Interesting, I hadn't seen that before. I have a model M that I'm happy with, though my primary keyboard is a Logitech Wireless Wave.


----------



## LateNiteTV (Nov 18, 2009)

ive wanted one for the longest time, but i never bought one.
its never been something i NEED, i just want one.


----------



## CodeBlock (Nov 18, 2009)

Nothing wrong with that


----------



## anomie (Nov 18, 2009)

I'd like to get some naps and get caught up on sleep. Also, a little FOSS-friendly netbook would be good.


----------



## kpedersen (Nov 18, 2009)

A girlfriend who knows what "a FreeBSD" is


----------



## CodeBlock (Nov 18, 2009)

haha, don't we all


----------



## Beastie (Nov 18, 2009)

A pair of socks: one red and the other white.
Sorry, don't like techy socks.


----------



## SirDice (Nov 18, 2009)

I'll settle for an Optimus Maximus Keyboard :e


----------



## graudeejs (Nov 18, 2009)

SirDice said:
			
		

> I'll settle for an Optimus Maximus Keyboard :e



It wouldn't be supported (fully) on FreeBSD


----------



## SirDice (Nov 18, 2009)

killasmurf86 said:
			
		

> It wouldn't be supported (fully) on FreeBSD



By the time I'm able to afford it they will 



> *Which operating systems does Optimus support?*
> Optimus supports all operating systems, but we first develop software only for Windows and Mac.

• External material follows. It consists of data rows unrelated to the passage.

-- ===== src/Connector/Safe/Get.antt =====
-- The timed get of `safe_connector` (qbus/connector.h), which waits at the barrier between its
-- attempts.
use qbus.Prelude.{
  ℕ, zero, suc, ◌+◌, ◌<◌, ◌≡◌, ◌⊎◌, ◌∙◌, inl, inr, refl, ap, arith, Bool, true, Option, none, some,
  Run, done, Bool-cases, Option-cases,
}
use qbus.Timespec
use qbus.Timespec.{Timespec}
use qbus.Connector.{Virtuals}
use qbus.Connector.Safe
use qbus.Connector.Safe.{Safe, Barriers, sharable, get_rounds, knock_round, deadline}
use qbus.Connector.Safe.Rounds.{IsLate, Locks, make_timed_lem, destroy_lem, ahead}
use qbus.Locker.Guard.{Lockable, Guard}
use qbus.Locker.Sharable

-- A barrier that is in one of the states `Calm`: a knock and the timed wait behind it return, and lead
-- to such a state again.
abbrev pub Answers : {B : Type 0} → Barriers B → (B → Type 0) → Type 0
Answers {B = B} b Calm =
    (barrier : B)
    → Calm barrier
    → (knocked : B) × (b.knock barrier ≡ done knocked)
      × ((t : Timespec) → (r : B × Bool) × (b.expect knocked t ≡ done r) × Calm r.0)

module _ {L : Type 0} (c : Lockable L Timespec) (held : L → ℕ) (Ready : L → Type 0)
    {W P M B : Type 0} (v : Virtuals W P M) (b : Barriers B) (Calm : B → Type 0)
    (clock : ℕ → Timespec) where
  -- What knocking leaves: the locker is held as often as before the guard.
  abbrev Knocks : Safe L W B → ℕ → Run (Safe L W B × Bool) → Type 0
  Knocks s n out =
      (s' : Safe L W B) × (on : Bool) × (out ≡ done (s', on))
      × (held s'.locker ≡ n)
      × (s'.ticks ≡ s.ticks + 3)
      × Ready s'.locker
      × Calm s'.barrier

  knock_lem :
      (ts : Timespec) (g : Guard L) (s : Safe L W B) (n : ℕ)
      → Answers b Calm
      → Calm s.barrier
      → g.locked ≡ true
      → (l : L) → c.unlock_sharable g.locker ≡ done l
      → held l ≡ n
      → Ready l
      → Knocks s n (knock_round c v b clock ts g s)
  unfolding knock_round Sharable.unlock Sharable.destroy
  knock_lem ts g s n answers calm own l unlocks back ready =
      let k = answers s.barrier calm in
      let x = k.2 (Timespec.sub ts (clock (s.ticks + 2))) in
      (
        record s { locker = l; barrier = x.0.0; ticks = s.ticks + 3 },
        x.0.1,
        rw (own, k.1, unlocks, x.1),
        back,
        refl,
        ready,
        x.2,
      )

  -- How a timed get ends: the locker is held as often as before, and a message is one that the
  -- connector below has returned.
  abbrev pub Gets : Safe L W B → Run (Safe L W B × Option M) → Type 0
  Gets s out =
      (s' : Safe L W B) × (pmessage : Option M) × (out ≡ done (s', pmessage))
      × (held s'.locker ≡ held s.locker)
      × ((pmessage ≡ none) ⊎ ((w : W) × (v.do_get w ≡ (s'.inner, pmessage))))

  get_rounds_lem :
      (ts : Timespec) (n fuel : ℕ) (s : Safe L W B)
      → Locks c held Ready sharable
      → Ready s.locker
      → Answers b Calm
      → Calm s.barrier
      → IsLate clock ts n
      → n < s.ticks + fuel
      → 0 < fuel
      → Gets s (get_rounds c v b clock fuel ts s)
  unfolding get_rounds
  get_rounds_lem ts n zero s laws ready answers calm late h pos = absurd (omega arith)
  get_rounds_lem ts n (suc fuel) s laws ready answers calm late h pos =
      elim (Bool-cases (Timespec.lt (clock s.ticks) ts)) [
        | inr e ↦ (record s { ticks = s.ticks + 1 }, none, rw e, refl, inl refl)
        | inl e ↦
            let a = ahead c held Ready v b clock ts n s.ticks late e in
            let g =
              make_timed_lem c held Ready sharable s.locker (Timespec.sub ts (clock (s.ticks + 1)))
                laws ready in
            let d = destroy_lem c held Ready sharable g.0 (held s.locker) g.2 in
            elim (g.2) [
              | inl out ↦
                  let q =
                    get_rounds_lem ts n fuel (record s { locker = d.0; ticks = s.ticks + 2 }) laws
                      d.3 answers calm late (omega (arith, a, h)) (omega (arith, a, h)) in
                  (q.0, q.1, rw (e, g.1, out.0, d.1) q.2, q.3 ∙ d.2, q.4)
              | inr own ↦ elim (Option-cases (v.do_get s.inner).1) [
                | inr m ↦ (
                  record s { locker = d.0; inner = (v.do_get s.inner).0; ticks = s.ticks + 2 },
                  some m.0,
                  rw (e, g.1, own.0, m.1, d.1),
                  d.2,
                  inr (s.inner, ap (λ x. ((v.do_get s.inner).0, x)) m.1),
                )
                | inl m ↦
                    let s1 : Safe L W B = record s { inner = (v.do_get s.inner).0 } in
                    let k =
                      knock_lem ts g.0 s1 (held s.locker) answers calm own.0 own.2.0 own.2.1
                        (omega (arith, own.1, own.2.2)) own.2.3 in
                    let q =
                      get_rounds_lem ts n fuel k.0 laws k.5 answers k.6 late
                        (omega (arith, k.4, a, h)) (omega (arith, a, h)) in
                    elim (Bool-cases k.1) [
                      | inl on ↦ (q.0, q.1, rw (e, g.1, own.0, m, k.2, on) q.2, q.3 ∙ k.3, q.4)
                      | inr off ↦ (k.0, none, rw (e, g.1, own.0, m, k.2, off), k.3, inl refl)
                    ]
              ]
            ]
      ]

  -- A timed get returns, with fuel for the reads of the clock up to the deadline. The locker is held
  -- as often as before, and a message is one that the connector below has returned. The clock must
  -- come to the deadline for good by its `n`-th read. The locker counts its readers and is in one of
  -- the states from which its timed calls return, and the barrier in one from which a knock and the
  -- timed wait behind it return, and each leads to such a state again: as a `shared_locker` that no
  -- other thread holds, and a `shared_barrier` without tokens that no other thread moves.
  pub timed_get-Gets :
      (n fuel : ℕ) (s : Safe L W B) (timeout : Timespec)
      → Locks c held Ready sharable
      → Ready s.locker
      → Answers b Calm
      → Calm s.barrier
      → IsLate clock (deadline c v b clock s timeout) n
      → n < s.ticks + 1 + fuel
      → 0 < fuel
      → Gets s (Safe.timed_get c v b clock fuel s timeout)
  unfolding Safe.timed_get
  timed_get-Gets n fuel s timeout laws ready answers calm late h pos =
      get_rounds_lem _ n fuel (record s { ticks = s.ticks + 1 }) laws ready answers calm late h pos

http://www.artlebedev.com/everything/optimus/faq/


----------



## graudeejs (Nov 18, 2009)

SirDice said:
			
		

> By the time I'm able to afford it they will
> 
> 
> http://www.artlebedev.com/everything/optimus/faq/



Uhhh I can't wait when thei'll support MenuetOS (after all they support ALL OSes)


----------



## Ruler2112 (Nov 18, 2009)

A few of these with a bunch of cameras mounted on top of the cubicle walls would be totally awesome!  Makes me almost sad that I now have my own office... almost.


----------



## LateNiteTV (Nov 18, 2009)

SirDice said:
			
		

> I'll settle for an Optimus Maximus Keyboard :e



now that is one hell of a keyboard.


----------



## phoenix (Nov 18, 2009)

Ruler2112 said:
			
		

> A few of these with a bunch of cameras mounted on top of the cubicle walls would be totally awesome!  Makes me almost sad that I now have my own office... almost.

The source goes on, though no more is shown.